In una società improntata al consumismo e all’economia è strettamente legato il concetto di proprietà. In questo contesto sociale si è spinti e condizionati ad acquistare qualsiasi cosa possa costituire un oggetto di proprietà, dalla casa agli utensili, all’auto, la barca, gli abiti e ogni altra cosa che possa diventare di nostra proprietà.

Tutto ciò ci fa dimenticare che a prescindere da ogni altra considerazione siamo già proprietari di qualcosa che non necessita di essere acquistata e cioè il nostro corpo.Il nostro corpo ci appartiene sin dalla nascita e ci accompagna tutta la vita fino alla morte.

Sottovalutare l’importanza di questo concetto significa non dare la giusta importanza ad una proprietà inestimabile che dobbiamo mantenere e difendere in ogni momento della nostra esistenza. Purtroppo inevitabilmente diamo per scontato tutto questo, magari senza neanche soffermarci sul vero significato che ne deriva, sottovalutando molti aspetti che però si ripercuotono inevitabilmente sul di noi in determinate circostanze. Infatti possono verificarsi situazioni ed eventi in cui il nostro corpo è messo in pericolo o a rischio e diventa difficile, talvolta impossibile, garantirne l’incolumità. Immaginiamo per esempio in caso di un conflitto bellico dove oltre alla possibilità di rimanere feriti c’è anche quella di essere colpiti mortalmente. Oppure in caso di incidente dove si può rimanere gravemente offesi e subire danni irreparabili come la disabilità.

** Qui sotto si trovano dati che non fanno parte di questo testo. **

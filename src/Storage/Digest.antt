-- ===== src/Storage/Digest.antt =====
-- internal/storage/digest.go: the content digest of a volume. sha256 is a parameter; the hash
-- that a builder writes to is kept as what was written.
use beanstore.Base.{ℕ, zero, suc, ◌/◌, ◌%◌, ◌^◌, List, [], ◌∷◌, leb, if◌then◌else◌}

-- A byte is a number below 256.
abbrev pub Bytes : Type 0
Bytes = List ℕ

-- The chunk and frame size, 1 << 20.
unfoldable pub transfer_chunk_bytes : ℕ
transfer_chunk_bytes = 1048576

-- `make([]byte, n)`
unfoldable pub zeros : ℕ → Bytes
zeros zero = []
zeros (suc n) = 0 ∷ zeros n

unfoldable pub append : Bytes → Bytes → Bytes
append [] bs = bs
append (x ∷ xs) bs = x ∷ append xs bs

-- binary.BigEndian.PutUint64
abbrev pub put_uint64 : ℕ → Bytes
put_uint64 n =
    n / 2 ^ 56 % 256
    ∷ n / 2 ^ 48 % 256
    ∷ n / 2 ^ 40 % 256
    ∷ n / 2 ^ 32 % 256
    ∷ n / 2 ^ 24 % 256
    ∷ n / 2 ^ 16 % 256
    ∷ n / 2 ^ 8 % 256
    ∷ n % 256
    ∷ []

pub record DigestBuilder : Type 0 where
  pub outer : Bytes

abbrev pub new_digest_builder : DigestBuilder
new_digest_builder = record { outer = [] }

module _ (sha256 : Bytes → Bytes) where
  unfoldable pub add_chunk : Bytes → DigestBuilder → DigestBuilder
  unfolding append
  add_chunk chunk b = record { outer = append b.outer (sha256 chunk) }

  unfoldable pub add_zero_chunk : ℕ → DigestBuilder → DigestBuilder
  unfolding append zeros transfer_chunk_bytes
  add_zero_chunk length b =
      if leb transfer_chunk_bytes length
      then record { outer = append b.outer (sha256 (zeros transfer_chunk_bytes)) }
      else record { outer = append b.outer (sha256 (zeros length)) }

  -- The digest, and the builder with the size written to its hash.
  unfoldable pub sum : ℕ → DigestBuilder → Bytes × DigestBuilder
  unfolding append
  sum size_bytes b =
      let outer = append b.outer (put_uint64 size_bytes) in (sha256 outer, record { outer = outer })
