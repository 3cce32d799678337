-- ===== src/Storage/Reader.antt =====
-- internal/storage/reader.go and internal/storage/copy.go: a device read chunk by chunk, and its
-- copy to another device. The operations on files are a parameter.
pub mod Content
pub mod Sequential
pub mod Written
pub mod Turns
pub mod Digests
pub mod Copying
pub mod Keeping
use beanstore.Base.{
  ℕ, zero, suc, ◌+◌, ◌-◌, min, String, Bool, true, false, ◌&&◌, List, [], ◌∷◌, ltb, ◌==◌,
  if◌then◌else◌,
}
use beanstore.Base.Exec.{Result, ok, err, Exec, pure, ◌>>=◌, ◌>>◌}
use beanstore.Storage.Errors.{Error, io_failed}
use beanstore.Storage.Digest.{
  Bytes, transfer_chunk_bytes, DigestBuilder, new_digest_builder, add_chunk, add_zero_chunk, sum,
}

pub record Frame : Type 0 where
  pub offset : ℕ
  pub payload : Bytes

-- `read path position n` is io.ReadFull of n bytes from where the file stands, which is the
-- program's to keep; `alive` is ctx.Err.
pub record Files (W : Type 0) : Type 0 where
  pub open_file : String → Exec W String Unit
  pub seek_end : String → Exec W String ℕ
  pub seek_start : String → Exec W String Unit
  pub read : String → ℕ → ℕ → Exec W String Bytes
  pub write_at : String → ℕ → Bytes → Exec W String Unit
  pub sync : String → Exec W String Unit
  pub alive : Exec W String Unit

io_result : {A : Type 0} → Result String A → Result Error A
io_result (ok a) = ok a
io_result (err why) = err (io_failed why)

unfoldable pub io : {W A : Type 0} → Exec W String A → Exec W Error A
unfolding io_result
io m w = (io_result (m w).0, (m w).1)

-- bytes.Equal(chunk, zeroChunk[:len(chunk)])
unfoldable pub is_zero : Bytes → Bool
is_zero [] = true
is_zero (b ∷ bs) = b == 0 && is_zero bs

unfoldable pub byte_count : Bytes → ℕ
byte_count [] = 0
byte_count (b ∷ bs) = suc (byte_count bs)

-- device.Seek(0, io.SeekStart), with where the file stands then.
unfoldable pub rewind : {W : Type 0} → Files W → String → Exec W Error ℕ
rewind files path = io (files.seek_start path) >> pure 0

module _ {W : Type 0} (sha256 : Bytes → Bytes) (files : Files W) where
  -- The end of one turn of the loop: a zero chunk is not sent.
  unfoldable pub take_chunk :
      (Frame → Exec W Error Unit) → ℕ → Bytes → DigestBuilder → Exec W Error DigestBuilder
  unfolding byte_count
  take_chunk sink offset chunk b =
      if is_zero chunk
      then pure (add_zero_chunk sha256 (byte_count chunk) b)
      else sink (record { offset = offset; payload = chunk }) >> pure (add_chunk sha256 chunk b)

  -- The loop, on fuel; the size of the device is enough. `position` is where the file stands:
  -- io.ReadFull reads from there and moves it by the bytes that it read.
  unfoldable pub read_chunks :
      String
      → (Frame → Exec W Error Unit)
      → ℕ
      → ℕ
      → ℕ
      → ℕ
      → DigestBuilder
      → Exec W Error DigestBuilder
  read_chunks path sink size zero position offset b = pure b
  read_chunks path sink size (suc fuel) position offset b = elim (ltb offset size) [
    | false ↦ pure b
    | true ↦
        io files.alive
        >> (io (files.read path position (min transfer_chunk_bytes (size - offset))) >>= λ chunk.
            take_chunk sink offset chunk b >>= λ b'.
            read_chunks path sink size fuel (position + min transfer_chunk_bytes (size - offset))
              (offset + transfer_chunk_bytes) b')
  ]

  unfoldable pub read_device : String → (Frame → Exec W Error Unit) → Exec W Error (ℕ × Bytes)
  read_device path sink = do
    io (files.open_file path)
    size ← io (files.seek_end path)
    position ← rewind files path
    b ← read_chunks path sink size size position 0 new_digest_builder
    pure (size, (sum sha256 size b).0)

  -- The sink of a copy. `progress` is the caller's callback.
  unfoldable pub write_frame : String → (ℕ → W → W) → Frame → Exec W Error Unit
  write_frame target progress frame = io (files.write_at target frame.offset frame.payload) >> λ w.
      (ok tt, progress (frame.offset + byte_count frame.payload) w)

  unfoldable pub copy_device : String → String → (ℕ → W → W) → Exec W Error Unit
  copy_device source target progress = do
    io (files.open_file target)
    _ ← read_device source (write_frame target progress)
    io (files.sync target)
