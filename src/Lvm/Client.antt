-- ===== src/Lvm/Client.antt =====
-- lvm/client.go: commands as argument lists, and what runs them. The runner (the package
-- go-runner), the JSON decoder and the parser of floats are not the program's code: `Host` takes
-- them as parameters.
use beanstore.Base.{ℕ, String, Bool, true, false, Option, none, some, List, [], ◌∷◌, ◌++◌, cat}
use beanstore.Base.Exec.{Result, ok, err, Exec, fail}
use beanstore.Lvm.Types.{CommonOptions, Selector, device, name, select, all, nil_selector, Float64}
use beanstore.Lvm.Errors.{LvmError, exited, not_run, refused, classify}

-- What the runner answers when a command did not succeed.
pub data RunFailure : Type 0 where
  run_error : ℕ → String → RunFailure
  other_error : String → RunFailure

-- A row of `lvs` as the decoder fills it.
pub record RawLv : Type 0 where
  pub name : String
  pub uuid : String
  pub vg : String
  pub size : String
  pub metadata_size : String
  pub chunk_size : String
  pub attr : String
  pub tags : String
  pub pool : String
  pub origin : String
  pub path : String
  pub dm_path : String
  pub data_percent : String
  pub metadata_percent : String
  pub active : String
  pub layout : String

pub record Host (W : Type 0) : Type 0 where
  pub runner : List String → Exec W RunFailure String
  pub unmarshal_lvs : String → Option (List (List RawLv))
  pub parse_float : String → Option Float64

pub record Client : Type 0 where
  pub devices : List String
  pub autobackup : Option Bool

-- flagValue of lvm/pv.go
unfoldable pub flag_value : Bool → String
flag_value true = "y"
flag_value false = "n"

-- strings.Join with a comma
unfoldable pub join_commas : List String → String
join_commas [] = ""
join_commas (x ∷ []) = x
join_commas (x ∷ y ∷ ys) = cat x (cat "," (join_commas (y ∷ ys)))

or_default {ℓ} : {A : Type ℓ} → Option A → A → A
or_default none d = d
or_default (some a) d = a

device_flags : List String → List String
device_flags [] = []
device_flags (d ∷ ds) = "--devices" ∷ join_commas (d ∷ ds) ∷ []

unfoldable pub command : Client → String → CommonOptions → List String
unfolding or_default device_flags
command c subcommand common =
    ("lvm" ∷ subcommand ∷ []) ++ device_flags (or_default common.devices c.devices)

autobackup_flags : Option Bool → Option Bool → List String
autobackup_flags none none = []
autobackup_flags none (some b) = "-A" ∷ flag_value b ∷ []
autobackup_flags (some b) _ = "-A" ∷ flag_value b ∷ []

unfoldable pub metadata_command : Client → String → CommonOptions → List String
unfolding command autobackup_flags
metadata_command c subcommand common =
    command c subcommand common ++ autobackup_flags common.autobackup c.autobackup

-- The arguments that the target adds, or none for the nil selector.
unfoldable pub selector_args : Selector → String → Option (List String)
selector_args (device d) _ = some (d ∷ [])
selector_args (name n) _ = some (n ∷ [])
selector_args (select s) _ = some ("-S" ∷ s ∷ [])
selector_args all String.[] = some []
selector_args all (String.◌∷◌ c s) = some (String.◌∷◌ c s ∷ [])
selector_args nil_selector _ = none

module _ {W : Type 0} (h : Host W) where
  translate : RunFailure → LvmError
  translate (run_error code stderr) = exited code stderr (classify code stderr)
  translate (other_error message) = not_run message

  answer : Result RunFailure String → Result LvmError String
  unfolding translate
  answer (ok output) = ok output
  answer (err e) = err (translate e)

  -- Client.run
  unfoldable pub run : List String → Exec W LvmError String
  unfolding answer
  run cmd w = (answer (h.runner cmd w).0, (h.runner cmd w).1)

  -- `cmd, err := appendSelector(…)`, the return on its error, and the run.
  unfoldable pub run_on : List String → Selector → String → Exec W LvmError String
  run_on cmd target all_flag w = elim (selector_args target all_flag) [
    | none ↦ fail (refused "nil selector, want Device, Name, Select or All") w
    | some args ↦ run (cmd ++ args) w
  ]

In effetti del nostro copro ce ne occupiamo, in maniera talvolta eccessiva, quando ci si ammala e si deve ricorrere a cure mediche. Allora non esitiamo a prendere medicine o a sottoporci ad interventi chirurgici pur di tornare in salute. Ma a ben vedere, tutto questo non lo facciamo a beneficio del nostro corpo bensì con il solo scopo di mantenerci in salute per garantire la nostra esistenza in vita. A conferma che quello che ci preme di più è la nostra vita, non il nostro corpo, nella speranza che essa si allunghi il più possibile. Da sempre l’uomo si è prodigato in mille modi nella speranza di scoprire l’elisir di lunga vita, un’illusione che ha accompagnato la presenza dell’uomo sulla Terra. Quello su cui però sarebbe bene riflettere è un altro aspetto legato al corpo che può apparire come simbolico ma che in effetti racchiude tutta una serie di significati di importanza fondamentale, anzi dire vitale.

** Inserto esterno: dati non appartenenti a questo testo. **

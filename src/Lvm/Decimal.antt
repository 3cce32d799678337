-- ===== src/Lvm/Decimal.antt =====
-- Decimal numbers of strconv: FormatUint(n, 10) and ParseUint(s, 10, 64).
use Prim.Native.Char.{Char, code}
use beanstore.Base.{
  ℕ, zero, suc, ◌+◌, ◌-◌, ◌*◌, ◌/◌, ◌%◌, ◌^◌, ◌≡◌, refl, String, Option, none, some, Bool, ◌&&◌,
  ltb, leb, ◌==◌, cat, if◌then◌else◌,
}

digit : ℕ → String
digit d =
    if d == 0
    then "0"
    else if d == 1
    then "1"
    else if d == 2
    then "2"
    else if d == 3
    then "3"
    else if d == 4
    then "4"
    else if d == 5
    then "5"
    else if d == 6
    then "6"
    else if d == 7
    then "7"
    else if d == 8
    then "8"
    else "9"

-- `fuel` is above the number of digits.
format_from : ℕ → ℕ → String
unfolding digit
format_from zero n = ""
format_from (suc fuel) n =
    let rest = format_from fuel (n / 10) in if ltb n 10 then digit n else cat rest (digit (n % 10))

unfoldable pub format_uint : ℕ → String
unfolding format_from cat
format_uint n = format_from (suc n) n

is_digit : Char → Bool
is_digit c = leb 48 (code c) && leb (code c) 57

-- The value so far is `acc`; a character that is no digit and a value past 64 bits are refused.
parse_from : ℕ → String → Option ℕ
unfolding is_digit
parse_from acc String.[] = some acc
parse_from acc (String.◌∷◌ c s) =
    let next : ℕ = acc * 10 + (code c - 48) in
    let rest = parse_from next s in if is_digit c && ltb next (2 ^ 64) then rest else none

unfoldable pub parse_uint : String → Option ℕ
unfolding parse_from
parse_uint String.[] = none
parse_uint (String.◌∷◌ c s) = parse_from 0 (String.◌∷◌ c s)

test_format : format_uint 1048576 ≡ "1048576"
unfolding format_uint
test_format = refl

test_parse : parse_uint "18446744073709551615" ≡ some 18446744073709551615
unfolding parse_uint
test_parse = refl

test_overflow : parse_uint "18446744073709551616" ≡ none
unfolding parse_uint
test_overflow = refl
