-- ===== src/Lvm/Report.antt =====
-- parseLVReport and its helpers in lvm/lv.go: from the decoded rows of `lvs` to the volumes.
use mathlib.Core.List.{flatten}
use beanstore.Base.{
  ℕ, ◌≡◌, refl, String, ◌||◌, Option, none, some, List, [], ◌∷◌, str_eq, if◌then◌else◌,
}
use Prim.Native.Char.{code}
use beanstore.Base.{◌==◌}
use beanstore.Base.Exec.{Result, ok, err}
use beanstore.Lvm.Types.{LogicalVolume, Float64}
use beanstore.Lvm.Errors.{LvmError, bad_report}
use beanstore.Lvm.Client.{RawLv, Host}
use beanstore.Lvm.Decimal.{parse_uint}

-- strings.Split(value, ","), from the part read so far to its end.
split_from : String → List String
split_from String.[] = "" ∷ []
split_from (String.◌∷◌ c s) = elim (split_from s) [
  | [] ↦ []
  | part ∷ parts ↦ if code c == 44 then "" ∷ part ∷ parts else (String.◌∷◌ c part) ∷ parts
]

unfoldable pub split_list : String → List String
unfolding split_from
split_list String.[] = []
split_list (String.◌∷◌ c s) = split_from (String.◌∷◌ c s)

-- A size field, zero where lvm reports none.
parse_size : String → Option ℕ
parse_size String.[] = some 0
parse_size (String.◌∷◌ c s) = parse_uint (String.◌∷◌ c s)

infixl 5 ◌>>=◌
abbrev ◌>>=◌ : {A B : Type 0} → Option A → (A → Option B) → Option B
none >>= f = none
some a >>= f = f a

module _ {W : Type 0} (h : Host W) where
  -- Zero, the float with no bit set, where lvm reports none.
  parse_percent : String → Option Float64
  parse_percent String.[] = some 0
  parse_percent (String.◌∷◌ c s) = h.parse_float (String.◌∷◌ c s)

  parse_row : RawLv → Option LogicalVolume
  unfolding parse_size parse_percent
  parse_row lv = do
    size ← parse_size lv.size
    metadata_size ← parse_size lv.metadata_size
    chunk_size ← parse_size lv.chunk_size
    data_percent ← parse_percent lv.data_percent
    metadata_percent ← parse_percent lv.metadata_percent
    some (record {
      name = lv.name;
      uuid = lv.uuid;
      volume_group = lv.vg;
      size_bytes = size;
      metadata_size_bytes = metadata_size;
      chunk_size_bytes = chunk_size;
      attributes = lv.attr;
      tags = split_list lv.tags;
      pool = lv.pool;
      origin = lv.origin;
      path = lv.path;
      device_path = lv.dm_path;
      data_percent = data_percent;
      metadata_percent = metadata_percent;
      active = str_eq lv.active "1" || str_eq lv.active "active";
      layout = split_list lv.layout;
    })

  parse_rows : List RawLv → Option (List LogicalVolume)
  unfolding parse_row
  parse_rows [] = some []
  parse_rows (lv ∷ lvs) = do
    volume ← parse_row lv
    volumes ← parse_rows lvs
    some (volume ∷ volumes)

  rows_of : Option (List (List RawLv)) → Option (List LogicalVolume)
  unfolding parse_rows
  rows_of none = none
  rows_of (some report) = parse_rows (flatten report)

  unfoldable pub parse_lv_report : String → Result LvmError (List LogicalVolume)
  unfolding rows_of
  parse_lv_report output = elim (rows_of (h.unmarshal_lvs output)) [
    | none ↦ err (bad_report output)
    | some volumes ↦ ok volumes
  ]

test_split : split_list "a,b,,c" ≡ "a" ∷ "b" ∷ "" ∷ "c" ∷ []
unfolding split_list
test_split = refl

Partiamo dal saluto. Quello romano consisteva nell’alzare il braccio e mostrare il palmo vuoto della mano, in segno di essere libero dall’impugnare un’arma. Solo in virtù di una amicizia o di una più approfondita conoscenza ci si stringeva reciprocamente l’avambraccio. Oggi è d’uso stringere la mano a sconosciuti nel momento in cui ci si incontra per la prima volta e ci si presenta o anche fra persone che si conoscono e che si rincontrano. Ma a chi non è capitato di provare una sorta di irritazione nel ricevere una pacca sulla spalla da uno sconosciuto o una toccata di gomito, o la mano sull’avambraccio come per tentare un approccio confidenziale? È non vi è mai capitato di provare una sorta di irritazione più o meno accentuata nel trovarvi accalcati in fila o su un mezzo pubblico, o in altre situazioni analoghe? Magari sono occasioni che si manifestano solo nelle grandi città e con una frequenza quotidiana che alla fine l’abitudine smorza o attenua quella sensazione di disagio tale che non la si nota neanche più, a meno che qualcuno non ci respiri addosso o ci aliti sul collo. Ebbene questa spiacevole sensazione nasce dal fatto che secondo alcune teorie il nostro corpo è avvolto da un alone invisibile chiamato aura e che sarebbe una sorta di involucro che stabilisce la distanza di sicurezza al fine di preservarne l’incolumità. Ci sono persone così sensibili che provano una profonda avversione ad essere avvicinate e addirittura toccate da altri che siano sconosciuti o che non siano di loro gradimento. Infatti l’aura funzionerebbe come una sorta di calamita che emette e riceve vibrazioni e attrae o respinge rispettivamente quelle che sono o non sono in sintonia. Questi aspetti esoterici possono essere confutati o meno ma resta il fatto che perfino gli animali si comportano allo stesso modo e per esempio perfino quelli domestici come cani e gatti non si lasciano avvicinare da persone a loro sconosciute che pur con le migliori intenzioni tentassero di carezzarli. Il che sta a dimostrare che preservare l’incolumità del proprio corpo è un istinto che appartiene a tutti gli esseri viventi.

Purtroppo l’uomo è un essere perverso e tra gli altri suoi istinti c’è quello della prevaricazione e troppo spesso ne fa uso per aggredire i suoi simili al solo scopo di ottenere una supremazia fisica e quindi una sorta di potere. Perciò non esita a ricorrere all’uso della violenza per ferire, mutilare, torturare o addirittura sopprimere coloro che ritiene suoi nemici. Questo aspetto del comportamento umano è il più terrificante perché viola in modo cruento e inesorabile l’integrità del corpo.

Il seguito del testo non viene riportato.